Prioritizing the team gene: a devotion to VR movies
For VR content, gaming is like a blue-eyed boy taking all the attention. Yet LetinVR is sticking with VR movies.
Managing a tight team of 33 engineers, programmers, film directors and post producers, Zhuang and Sun Wenbo, the founder and CEO of LetinVR, have known each other since college and started the company with a small group of friends.
Zhuang thinks that good VR movies and videos may offer a great sense of immersion and interaction not inferior to the experience that games can provide.
“VR games may prosper, and so may VR animations. But considering what we’re good at and what we’re not, i.e. our team gene, we choose not ‘virtual virtuality’ but virtual reality,” Zhuang said.
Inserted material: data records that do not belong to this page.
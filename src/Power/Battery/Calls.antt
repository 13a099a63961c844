-- ===== src/Power/Battery/Calls.antt =====
-- Reading the battery removes no file and leaves the configuration and the engine alone.
use fresh_core_native.Prelude.{Bytes, ℤ, List, [], ◌∷◌, Option, none, some}
use fresh_core_native.Os.{Env}
use fresh_core_native.Sys.Monad.{Runs, Runs-bind}
use fresh_core_native.Sys.Still.{Sensed, Sensed-IsPreorder, senses}
use fresh_core_native.Logging.Calls.{log-Sensed}
use fresh_core_native.Sys.Monad.{St}
use fresh_core_native.Power.Battery.{detect_base, detect_loop, judge_capacity, is_battery_safe}

module _ ⦃env : Env⦄ {P : Bytes → Type 0} where
  detect_base-Sensed :
      (base : Bytes) (file : Option Bytes) (rest : St (Unit {0}))
      → Runs (Sensed P) rest
      → Runs (Sensed P) (detect_base base file rest)
  unfolding detect_base
  detect_base-Sensed base none rest h = h
  detect_base-Sensed base (some _) rest h = search (senses, log-Sensed) depth 20

  detect_loop-Sensed : (bases : List Bytes) → Runs (Sensed P) (detect_loop bases)
  unfolding detect_loop
  detect_loop-Sensed [] = search (senses, log-Sensed) depth 20
  detect_loop-Sensed (base ∷ bases) =
      Runs-bind _ _ (search senses)
        (λ file. detect_base-Sensed base file _ (detect_loop-Sensed bases))

  judge_capacity-Sensed : (capacity : Option ℤ) → Runs (Sensed P) (judge_capacity capacity)
  unfolding judge_capacity
  judge_capacity-Sensed none = search senses
  judge_capacity-Sensed (some capacity) = search (senses, log-Sensed) depth 20

  pub is_battery_safe-Sensed : Runs (Sensed P) is_battery_safe
  unfolding is_battery_safe
  is_battery_safe-Sensed = search (senses, detect_loop-Sensed, judge_capacity-Sensed) depth 20
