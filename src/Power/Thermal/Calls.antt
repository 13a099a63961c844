-- ===== src/Power/Thermal/Calls.antt =====
-- Reading the thermal zones removes no file and leaves the configuration and the engine alone.
use fresh_core_native.Prelude.{false, Bytes, List, [], ◌∷◌}
use fresh_core_native.Os.{Env}
use fresh_core_native.Sys.Monad.{Runs, Runs-bind, Runs-if, Runs-pure}
use fresh_core_native.Sys.Still.{Sensed, Sensed-IsPreorder, senses}
use fresh_core_native.Logging.Calls.{log-Sensed}
use fresh_core_native.Power.Thermal.{detect_zones, all_cool, is_thermal_safe}

module _ ⦃env : Env⦄ {P : Bytes → Type 0} where
  detect_zones-Sensed : (names : List Bytes) → Runs (Sensed P) (detect_zones names)
  unfolding detect_zones
  detect_zones-Sensed [] = search senses
  detect_zones-Sensed (name ∷ names) =
      Runs-bind _ _ (search senses depth 20) (λ _. detect_zones-Sensed names)

  all_cool-Sensed : (paths : List Bytes) → Runs (Sensed P) (all_cool paths)
  unfolding all_cool
  all_cool-Sensed [] = search senses
  all_cool-Sensed (path ∷ paths) =
      Runs-bind _ _ (search senses)
        (λ file. Runs-if _ _ _ (Runs-pure false) (all_cool-Sensed paths))

  pub is_thermal_safe-Sensed : Runs (Sensed P) is_thermal_safe
  unfolding is_thermal_safe
  is_thermal_safe-Sensed =
      search (senses, log-Sensed, detect_zones-Sensed, all_cool-Sensed) depth 30
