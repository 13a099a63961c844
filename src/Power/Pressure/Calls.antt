-- ===== src/Power/Pressure/Calls.antt =====
-- Reading the memory pressure removes no file and leaves the configuration and the engine alone.
use fresh_core_native.Prelude.{Bytes}
use fresh_core_native.Os.{Env}
use fresh_core_native.Sys.Monad.{Runs}
use fresh_core_native.Sys.Still.{Sensed, Sensed-IsPreorder, senses}
use fresh_core_native.Logging.Calls.{log-Sensed}
use fresh_core_native.Power.Pressure.{is_memory_pressure_safe}

module _ ⦃env : Env⦄ {P : Bytes → Type 0} where
  pub is_memory_pressure_safe-Sensed : Runs (Sensed P) is_memory_pressure_safe
  unfolding is_memory_pressure_safe
  is_memory_pressure_safe-Sensed = search (senses, log-Sensed) depth 20
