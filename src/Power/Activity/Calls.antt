-- ===== src/Power/Activity/Calls.antt =====
-- Asking for the foreground removes no file and leaves the configuration and the engine alone.
use fresh_core_native.Prelude.{Bytes}
use fresh_core_native.Os.{Env}
use fresh_core_native.Sys.Monad.{Runs}
use fresh_core_native.Sys.Still.{Sensed, Sensed-IsPreorder, senses}
use fresh_core_native.Power.Screen.Calls.{is_screen_on-Sensed}
use fresh_core_native.Power.Activity.{is_heavy_foreground_activity}

module _ ⦃env : Env⦄ {P : Bytes → Type 0} where
  pub is_heavy_foreground_activity-Sensed : Runs (Sensed P) is_heavy_foreground_activity
  unfolding is_heavy_foreground_activity
  is_heavy_foreground_activity-Sensed = search (senses, is_screen_on-Sensed) depth 20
Waiting until VR devices are as ubiquitous as smartphones
LetinVR also explores VR cameras and VR unmanned planes, with its division Air360China making VR panorama photos and videos. On the other hand, the company will concentrate on the quest for VR language and adhere to its principle of creating healthy and enjoyable VR content.
Other than the online video platforms mentioned above, with whom LetinVR partners, the company is also cooperating with Huace Film & TV (one of LetinVR’s Pre-A funders) on VR IP, the Economic Daily and Southern Weekly to produce VR news, National Geographic to produce VR travel, and PPTV and Kingnet.com on VR live broadcasts. Smartphone manufacturers are also in the picture.
“Though on a worldwide scale China may lag behind a bit in VR hardware such as headsets and glasses,” said Zhuang, “in terms of VR content, luckily, we’re all at the starting line ready for a long-distance race. What we need to do is to keep on making good stuff and wait until VR devices become as ubiquitous as smartphones today, wait as the wind rises.”
Since it received USD one million in angel investment in July and was valuated at RMB 20 million (USD three million), the company’s valuation has grown nine times to RMB 210 million after it received RMB 31.5 million in Pre-A funding on Saturday. LetinVR plans to launch a round of A Series financing within the year.